**Exercise:** Your answer should hold exactly the lines from the one with "(matches-name_entry name83 (get_or" through the last line of the material below, nothing before and nothing extra.

═══ Extracted data ═══

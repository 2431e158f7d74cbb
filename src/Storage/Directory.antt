-- ===== src/Storage/Directory.antt =====
-- Searching the root directory of platform/x86/hal_storage.c before and after an entry is written.
use asm_os.Prelude.{
  ℕ, zero, suc, ◌+◌, ◌/◌, ◌%◌, ◌^◌, ◌≤◌, ◌<◌, ◌≡◌, refl, sym, ap, ◌∙◌, ◌≢◌, inl, inr, true, none,
  some, List, [], ◌∷◌, ◌++◌, arith, Option-cases, length, get_or, set, take, drop, All,
  length-append, length-take, length-drop, take-append, get_or-set_self,
}
use asm_os.Prelude.CString.{str_eq_refl}
use asm_os.Storage.{
  Device, is_free, has_name, matches, fat_find_entry, fat_find_free_entry, le16, le32, name_entry,
  place_entry, choose_slot,
}

get_or-append_left :
    (xs ys : List ℕ) (i d : ℕ) → i < length xs → get_or (xs ++ ys) i d ≡ get_or xs i d
get_or-append_left [] ys i d h = absurd (omega arith)
get_or-append_left (x ∷ xs) ys zero d h = refl
get_or-append_left (x ∷ xs) ys (suc i) d h = get_or-append_left xs ys i d (omega arith)

get_or-append_right :
    (xs ys : List ℕ) (i k d : ℕ) → i ≡ length xs + k → get_or (xs ++ ys) i d ≡ get_or ys k d
get_or-append_right [] ys i k d e = let same : i ≡ k = omega arith in rw same
get_or-append_right (x ∷ xs) ys zero k d e = absurd (omega arith)
get_or-append_right (x ∷ xs) ys (suc i) k d e = get_or-append_right xs ys i k d (omega arith)

get_or-take : (xs : List ℕ) (n i d : ℕ) → i < n → get_or (take n xs) i d ≡ get_or xs i d
get_or-take xs zero i d h = absurd (omega arith)
get_or-take [] (suc n) i d h = refl
get_or-take (x ∷ xs) (suc n) zero d h = refl
get_or-take (x ∷ xs) (suc n) (suc i) d h = get_or-take xs n i d (omega arith)

take-append-take :
    (xs ys : List ℕ) (m n : ℕ) → m ≤ n → n ≤ length xs → take m (take n xs ++ ys) ≡ take m xs
take-append-take xs ys zero n h k = refl
take-append-take xs ys (suc m) zero h k = absurd (omega arith)
take-append-take [] ys (suc m) (suc n) h k = absurd (omega arith)
take-append-take (x ∷ xs) ys (suc m) (suc n) h k =
    ap (λ l. x ∷ l) (take-append-take xs ys m n (omega arith) (omega arith))

-- The size and the first cluster that `place_entry` writes are read back.
pub place_entry_fields :
    (cluster size : ℕ) (e : List ℕ)
    → length e ≡ 32
    → cluster < 2 ^ 16
    → size < 2 ^ 32
    → (le16 (place_entry cluster size e) 26 ≡ cluster)
      × (le32 (place_entry cluster size e) 28 ≡ size)
unfolding place_entry
place_entry_fields cluster size e l c s =
    let n : length (take 26 e) ≡ 26 = omega (arith, length-take 26 e) in
    let tail =
      cluster % 256
      ∷ cluster / 256 % 256
      ∷ size % 256
      ∷ size / 256 % 256
      ∷ size / 65536 % 256
      ∷ size / 16777216 % 256
      ∷ [] in
    let at = λ (i : ℕ) (k : ℕ) (h : i ≡ length (take 26 e) + k).
      get_or-append_right (take 26 e) tail i k 0 h in
    (
      rw (at 26 0 (omega arith), at 27 1 (omega arith)) (omega arith),
      rw
          (
            at 28 2 (omega arith),
            at 29 3 (omega arith),
            at 30 4 (omega arith),
            at 31 5 (omega arith),
          )
          (omega arith),
    )

matches-place_entry :
    (name83 e : List ℕ) (cluster size : ℕ)
    → length e ≡ 32
    → matches name83 (place_entry cluster size e) ≡ matches name83 e
unfolding matches place_entry
matches-place_entry name83 e cluster size l =
    let n : length (take 26 e) ≡ 26 = omega (arith, length-take 26 e) in
    let tail =
      cluster % 256
      ∷ cluster / 256 % 256
      ∷ size % 256
      ∷ size / 256 % 256
      ∷ size / 65536 % 256
      ∷ size / 16777216 % 256
      ∷ [] in
    let at = λ (i : ℕ) (h : i < 26).
      get_or-append_left (take 26 e) tail i 0 (omega (arith, n, h)) ∙ get_or-take e 26 i 0 h in
    rw
      (
        at 0 (omega arith),
        at 11 (omega arith),
        take-append-take e tail 11 26 (omega arith) (omega arith),
      )
      refl

-- A name that `fat_find_entry` can find: eleven characters, the first of them no mark of a free
-- entry.
pub record IsName (name83 : List ℕ) : Type 0 where
  pub size : length name83 ≡ 11
  pub used : (get_or name83 0 0 ≢ 0x00) × (get_or name83 0 0 ≢ 0xE5)

matches-name_entry :
    (name83 e : List ℕ) → IsName name83 → matches name83 (name_entry name83 e) ≡ true
unfolding matches name_entry is_free has_name
matches-name_entry name83 e n =
    rw
      (
        get_or-append_left name83 (0x20 ∷ drop 12 e) 0 0 (omega (arith, n.size)),
        get_or-append_right name83 (0x20 ∷ drop 12 e) 11 0 0 (omega (arith, n.size)),
        take-append name83 (0x20 ∷ drop 12 e) 11 (sym n.size),
        str_eq_refl name83,
      )
      (ground arith)

find-set_found :
    (name83 e : List ℕ) (root : List (List ℕ)) (i : ℕ)
    → fat_find_entry name83 root ≡ some i
    → matches name83 e ≡ true
    → (fat_find_entry name83 (set root i e) ≡ some i)
      × (i < length root)
      × (matches name83 (get_or root i []) ≡ true)
unfolding fat_find_entry
find-set_found name83 e [] i h m = absurd (ground arith)
find-set_found name83 e (x ∷ root) zero h m = ground arith
find-set_found name83 e (x ∷ root) (suc i) h m =
    let later : fat_find_entry name83 root ≡ some i = ground arith in
    ground (arith, find-set_found name83 e root i later m)

find-set_free :
    (name83 e : List ℕ) (root : List (List ℕ)) (i : ℕ)
    → fat_find_entry name83 root ≡ none
    → fat_find_free_entry root ≡ some i
    → matches name83 e ≡ true
    → (fat_find_entry name83 (set root i e) ≡ some i) × (i < length root)
unfolding fat_find_entry fat_find_free_entry
find-set_free name83 e [] i h f m = absurd (ground arith)
find-set_free name83 e (x ∷ root) zero h f m = ground arith
find-set_free name83 e (x ∷ root) (suc i) h f m =
    let missing : fat_find_entry name83 root ≡ none = ground arith in
    let later : fat_find_free_entry root ≡ some i = ground arith in
    ground (arith, find-set_free name83 e root i missing later m)

All-at :
    (root : List (List ℕ)) (i : ℕ)
    → All (λ e. length e ≡ 32) root
    → i < length root
    → length (get_or root i []) ≡ 32
All-at [] i a h = absurd (omega arith)
All-at (x ∷ root) zero a h = a.0
All-at (x ∷ root) (suc i) a h = All-at root i a.1 (omega arith)

set-set : (root : List (List ℕ)) (i : ℕ) (v w : List ℕ) → set (set root i v) i w ≡ set root i w
set-set [] i v w = refl
set-set (x ∷ root) zero v w = refl
set-set (x ∷ root) (suc i) v w = ap (λ l. x ∷ l) (set-set root i v w)

length-name_entry :
    (name83 e : List ℕ) → length name83 ≡ 11 → length e ≡ 32 → length (name_entry name83 e) ≡ 32
unfolding name_entry
length-name_entry name83 e n l =
    omega (arith, length-append name83 (0x20 ∷ drop 12 e), length-drop 12 e)

-- What the choice of a slot and the writing of its entry do to the directory: the name is found in
-- that slot, and the slot holds the cluster and the size.
pub choose_slot-places :
    (D : Device) (name83 : List ℕ) (root root' : List (List ℕ)) (slot cluster size : ℕ)
    → IsName name83
    → All (λ e. length e ≡ 32) root
    → cluster < 2 ^ 16
    → size < 2 ^ 32
    → choose_slot D name83 root ≡ some (slot, root')
    → let after = set root' slot (place_entry cluster size (get_or root' slot [])) in
      (fat_find_entry name83 after ≡ some slot)
      × (le16 (get_or after slot []) 26 ≡ cluster)
      × (le32 (get_or after slot []) 28 ≡ size)
unfolding choose_slot
choose_slot-places D name83 root root' slot cluster size n a c s h =
    elim (Option-cases (fat_find_entry name83 root)) [
      | inr (i, found) ↦
          let same_slot : i ≡ slot = ground arith in
          let same_root : root ≡ root' = ground arith in
          let at =
            find-set_found name83 (name_entry name83 []) root i found
              (matches-name_entry name83 [] n) in
          let e = get_or root i [] in
          let l = All-at root i a at.1 in
          let v = place_entry cluster size e in
          let hit : matches name83 v ≡ true = matches-place_entry name83 e cluster size l ∙ at.2 in
          let put = find-set_found name83 v root i found hit in
          let back = get_or-set_self root i v [] at.1 in
          let fields = place_entry_fields cluster size e l c s in
          rw (← same_root, ← same_slot) (put.0, rw back fields.0, rw back fields.1)
      | inl missing ↦ elim (Option-cases (fat_find_free_entry root)) [
        | inl full ↦ absurd (ground arith)
        | inr (i, free) ↦
            let e = name_entry name83 (get_or root i []) in
            let same_slot : i ≡ slot = ground arith in
            let same_root : set root i e ≡ root' = ground arith in
            let put =
              find-set_free name83 e root i missing free
                (matches-name_entry name83 (get_or root i []) n) in
            let l = length-name_entry name83 _ n.size (All-at root i a put.1) in
            let v = place_entry cluster size e in
            let hit : matches name83 v ≡ true =
              matches-place_entry name83 e cluster size l
              ∙ matches-name_entry name83 (get_or root i []) n in
            let there = find-set_free name83 v root i missing free hit in
            let old = get_or-set_self root i e [] put.1 in
            let back = get_or-set_self root i v [] put.1 in
            let fields = place_entry_fields cluster size e l c s in
            rw (← same_root, ← same_slot, old, set-set root i e v)
              (there.0, rw back fields.0, rw back fields.1)
      ]
    ]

═══

**Answer to the problem:**
                (matches-name_entry name83 (get_or root i []) n) in
            let l = length-name_entry name83 _ n.size (All-at root i a put.1) in
            let v = place_entry cluster size e in
            let hit : matches name83 v ≡ true =
              matches-place_entry name83 e cluster size l
              ∙ matches-name_entry name83 (get_or root i []) n in
            let there = find-set_free name83 v root i missing free hit in
            let old = get_or-set_self root i e [] put.1 in
            let back = get_or-set_self root i v [] put.1 in
            let fields = place_entry_fields cluster size e l c s in
            rw (← same_root, ← same_slot, old, set-set root i e v)
              (there.0, rw back fields.0, rw back fields.1)
      ]
    ]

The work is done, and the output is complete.